> **Data records**
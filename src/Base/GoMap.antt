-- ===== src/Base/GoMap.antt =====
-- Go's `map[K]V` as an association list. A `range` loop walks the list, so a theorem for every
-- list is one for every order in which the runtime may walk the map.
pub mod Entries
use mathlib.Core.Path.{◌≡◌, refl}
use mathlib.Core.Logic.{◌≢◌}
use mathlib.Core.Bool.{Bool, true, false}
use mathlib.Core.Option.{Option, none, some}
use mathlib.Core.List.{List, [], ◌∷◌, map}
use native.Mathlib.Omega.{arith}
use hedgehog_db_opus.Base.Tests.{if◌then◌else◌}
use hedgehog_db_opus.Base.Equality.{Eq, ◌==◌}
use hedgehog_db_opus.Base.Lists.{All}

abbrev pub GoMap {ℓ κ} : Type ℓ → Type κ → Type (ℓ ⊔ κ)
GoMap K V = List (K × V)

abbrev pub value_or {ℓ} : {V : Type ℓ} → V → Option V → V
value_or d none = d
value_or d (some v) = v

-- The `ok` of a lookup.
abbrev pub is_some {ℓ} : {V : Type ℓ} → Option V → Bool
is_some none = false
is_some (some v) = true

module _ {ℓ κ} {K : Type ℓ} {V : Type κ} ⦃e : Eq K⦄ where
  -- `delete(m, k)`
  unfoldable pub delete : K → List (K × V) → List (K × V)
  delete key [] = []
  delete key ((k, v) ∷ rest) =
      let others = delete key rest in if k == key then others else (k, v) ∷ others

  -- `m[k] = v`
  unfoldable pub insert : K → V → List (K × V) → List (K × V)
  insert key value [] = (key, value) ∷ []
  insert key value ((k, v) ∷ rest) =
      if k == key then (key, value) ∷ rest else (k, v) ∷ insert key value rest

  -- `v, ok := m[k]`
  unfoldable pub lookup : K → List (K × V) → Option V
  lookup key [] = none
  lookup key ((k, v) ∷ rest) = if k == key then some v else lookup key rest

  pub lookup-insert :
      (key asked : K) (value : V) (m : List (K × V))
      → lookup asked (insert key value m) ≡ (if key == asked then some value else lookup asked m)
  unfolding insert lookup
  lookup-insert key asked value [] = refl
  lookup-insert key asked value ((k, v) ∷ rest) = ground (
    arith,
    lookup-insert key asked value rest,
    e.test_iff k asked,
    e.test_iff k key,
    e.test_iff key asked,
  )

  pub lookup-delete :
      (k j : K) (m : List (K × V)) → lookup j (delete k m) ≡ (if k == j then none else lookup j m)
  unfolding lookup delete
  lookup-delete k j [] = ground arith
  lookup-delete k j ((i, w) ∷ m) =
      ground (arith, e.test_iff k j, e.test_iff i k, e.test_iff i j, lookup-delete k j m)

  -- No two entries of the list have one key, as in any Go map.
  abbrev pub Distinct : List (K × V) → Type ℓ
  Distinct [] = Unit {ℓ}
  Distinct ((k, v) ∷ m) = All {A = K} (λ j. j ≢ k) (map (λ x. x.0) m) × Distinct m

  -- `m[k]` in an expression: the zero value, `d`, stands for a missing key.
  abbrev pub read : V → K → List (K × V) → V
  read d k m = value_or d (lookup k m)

> **Task**
From the line holding "unfoldable pub insert" to the last line of the material above, reproduce every line exactly, and only those.

> **Result for this task**
  unfoldable pub insert : K → V → List (K × V) → List (K × V)
  insert key value [] = (key, value) ∷ []
  insert key value ((k, v) ∷ rest) =
      if k == key then (key, value) ∷ rest else (k, v) ∷ insert key value rest

  -- `v, ok := m[k]`
  unfoldable pub lookup : K → List (K × V) → Option V
  lookup key [] = none
  lookup key ((k, v) ∷ rest) = if k == key then some v else lookup key rest

  pub lookup-insert :
      (key asked : K) (value : V) (m : List (K × V))
      → lookup asked (insert key value m) ≡ (if key == asked then some value else lookup asked m)
  unfolding insert lookup
  lookup-insert key asked value [] = refl
  lookup-insert key asked value ((k, v) ∷ rest) = ground (
    arith,
    lookup-insert key asked value rest,
    e.test_iff k asked,
    e.test_iff k key,
    e.test_iff key asked,
  )

  pub lookup-delete :
      (k j : K) (m : List (K × V)) → lookup j (delete k m) ≡ (if k == j then none else lookup j m)
  unfolding lookup delete
  lookup-delete k j [] = ground arith
  lookup-delete k j ((i, w) ∷ m) =
      ground (arith, e.test_iff k j, e.test_iff i k, e.test_iff i j, lookup-delete k j m)

  -- No two entries of the list have one key, as in any Go map.
  abbrev pub Distinct : List (K × V) → Type ℓ
  Distinct [] = Unit {ℓ}
  Distinct ((k, v) ∷ m) = All {A = K} (λ j. j ≢ k) (map (λ x. x.0) m) × Distinct m

  -- `m[k]` in an expression: the zero value, `d`, stands for a missing key.
  abbrev pub read : V → K → List (K × V) → V
  read d k m = value_or d (lookup k m)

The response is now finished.